— Assigned task —
Look through the data and write out every line with the word "VideoHeader" in it.

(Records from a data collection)
☆ ☆ ☆ ☆ ☆ ☆ ☆

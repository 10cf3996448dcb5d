-- ===== src/Client/Receiver/Owners/Balance.antt =====
-- cpp/client/receiver.cpp: each call moves frames from one place to another.
use remote_play.Prelude.{
  ℕ, ◌+◌, ◌<◌, ◌≡◌, refl, ap, ◌∙◌, List, [], ◌∷◌, Bool, false, Option, none, some, arith, ltb, ◌==◌,
  if◌then◌else◌, Bool-cases, Option-cases, inl, inr, ==_refl, ==_of_ne,
}
use remote_play.Common.Protocol.{VideoHeader}
use remote_play.Client.Receiver.Fragment.{put}
use remote_play.Client.Receiver.Fragment.Count.{count_set, count_set-differ}
use remote_play.Client.Receiver.State.{
  Receiver, slot_of, take_frame, get_from_pool, return_to_pool, memb,
}
use remote_play.Client.Receiver.Process.{start_frame, find_frame}
use remote_play.Client.Receiver.Owners.{
  count_in, is_frame, places, allocated, IsOwned, count_in-absent,
}

abbrev pub one_if : Bool → ℕ
one_if b = if b then 1 else 0

pub count_put :
    (ring : ℕ → Option ℕ) (s : ℕ) (o : Option ℕ) (x : ℕ)
    → s < 64
    → count_set (λ i. is_frame x (put ring s o i)) 64 + one_if (is_frame x (ring s))
      ≡ count_set (λ i. is_frame x (ring i)) 64 + one_if (is_frame x o)
count_put ring s o x h =
    count_set-differ (λ i. is_frame x (ring i)) (λ i. is_frame x (put ring s o i)) s 64
      (λ j ne. rw (==_of_ne j s ne) refl) h
    ∙ rw (==_refl s) refl

-- Another frame, or none, in a slot.
pub put-places :
    (r : Receiver) (s : ℕ) (o : Option ℕ) (x : ℕ)
    → s < 64
    → places (record r { frame_ring = put r.frame_ring s o }) x
        + one_if (is_frame x (r.frame_ring s))
      ≡ places r x + one_if (is_frame x o)
unfolding places
put-places r s o x h = omega (arith, count_put r.frame_ring s o x h)

-- A frame that is in a slot is not in the pool.
pub in_slot-memb :
    (held : List ℕ) (r : Receiver) (s p : ℕ)
    → IsOwned held r
    → s < 64
    → r.frame_ring s ≡ some p
    → memb p r.frame_pool ≡ false
unfolding places
in_slot-memb held r s p own h e =
    let cleared = count_put r.frame_ring s none p h in
    count_in-absent p r.frame_pool (ground (arith, rw e at cleared, own p))

pub return_to_pool-places :
    (r : Receiver) (p x : ℕ)
    → memb p r.frame_pool ≡ false
    → places (return_to_pool r p) x ≡ places r x + one_if (p == x)
unfolding return_to_pool places count_in
return_to_pool-places r p x e = rw e (omega arith)

take-places :
    (r : Receiver) (pool : List ℕ) (x : ℕ)
    → r.frame_pool ≡ pool
    → let (p, r') = take_frame r pool in
      places r' x + one_if (p == x) + allocated r x ≡ places r x + allocated r' x
unfolding take_frame places count_in
take-places r [] x e = ground arith
take-places r (p ∷ pool) x e = ground arith

take_frame-ring : (r : Receiver) (pool : List ℕ) → (take_frame r pool).1.frame_ring ≡ r.frame_ring
unfolding take_frame
take_frame-ring r [] = refl
take_frame-ring r (p ∷ pool) = refl

start-places :
    (r : Receiver) (h : VideoHeader) (now x : ℕ)
    → let r' = (start_frame r h now).1 in
      places r' x + one_if (is_frame x (r.frame_ring (slot_of h.frame_id))) + allocated r x
      ≡ places r x + allocated r' x
unfolding start_frame get_from_pool places
start-places r h now x =
    let (p, r1) = take_frame r r.frame_pool in
    let s = slot_of h.frame_id in
    let taken = take-places r r.frame_pool x refl in
    let there = count_put r1.frame_ring s (some p) x (omega arith) in
    let before : one_if (is_frame x (r1.frame_ring s)) ≡ one_if (is_frame x (r.frame_ring s)) =
      ap (λ (ring : ℕ → Option ℕ). one_if (is_frame x (ring s))) (take_frame-ring r r.frame_pool) in
    omega (arith, taken, there, before)

-- Frames move, and new ones are allocated, but none is lost or in two places.
abbrev pub IsBalanced : Receiver → Receiver → Type 0
IsBalanced r r' = (x : ℕ) → places r' x + allocated r x ≡ places r x + allocated r' x

pub return_to_pool-keeps :
    (r : Receiver) (p : ℕ)
    → ((return_to_pool r p).frame_ring ≡ r.frame_ring)
      × ((return_to_pool r p).frame_storage ≡ r.frame_storage)
unfolding return_to_pool
return_to_pool-keeps r p = ground arith

-- The frame `p` of the slot goes to the pool, and another takes its place.
replace-IsBalanced :
    (held : List ℕ) (r : Receiver) (h : VideoHeader) (now p : ℕ)
    → IsOwned held r
    → r.frame_ring (slot_of h.frame_id) ≡ some p
    → IsBalanced r (start_frame (return_to_pool r p) h now).1
replace-IsBalanced held r h now p own e x =
    let s = slot_of h.frame_id in
    let back = return_to_pool r p in
    let absent = in_slot-memb held r s p own (omega arith) e in
    let started = start-places back h now x in
    let (ring, storage) = return_to_pool-keeps r p in
    omega (
      arith,
      return_to_pool-places r p x absent,
      started,
      ap (λ o. one_if (is_frame x o)) (ap (λ (f : ℕ → Option ℕ). f s) ring ∙ e),
      ap (λ n. one_if (ltb x n)) storage,
    )

pub find_frame-IsBalanced :
    (held : List ℕ) (r : Receiver) (h : VideoHeader) (now : ℕ)
    → IsOwned held r
    → IsBalanced r (find_frame r h now).1
unfolding find_frame
find_frame-IsBalanced held r h now own x = elim (Option-cases (r.frame_ring (slot_of h.frame_id))) [
  | inl e ↦
      rw (e, find_frame) (let started = rw e at (start-places r h now x) in omega (arith, started))
  | inr (p, e) ↦
      rw (e, find_frame)
        (elim (Bool-cases ((r.frames p).frame_id == h.frame_id)) [
          | inl same ↦ rw same refl
          | inr other ↦ rw other (replace-IsBalanced held r h now p own e x)
        ])
]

☆ ☆ ☆ ☆ ☆ ☆ ☆

— Task response —
use remote_play.Common.Protocol.{VideoHeader}
    (r : Receiver) (h : VideoHeader) (now x : ℕ)
    (held : List ℕ) (r : Receiver) (h : VideoHeader) (now p : ℕ)
    (held : List ℕ) (r : Receiver) (h : VideoHeader) (now : ℕ)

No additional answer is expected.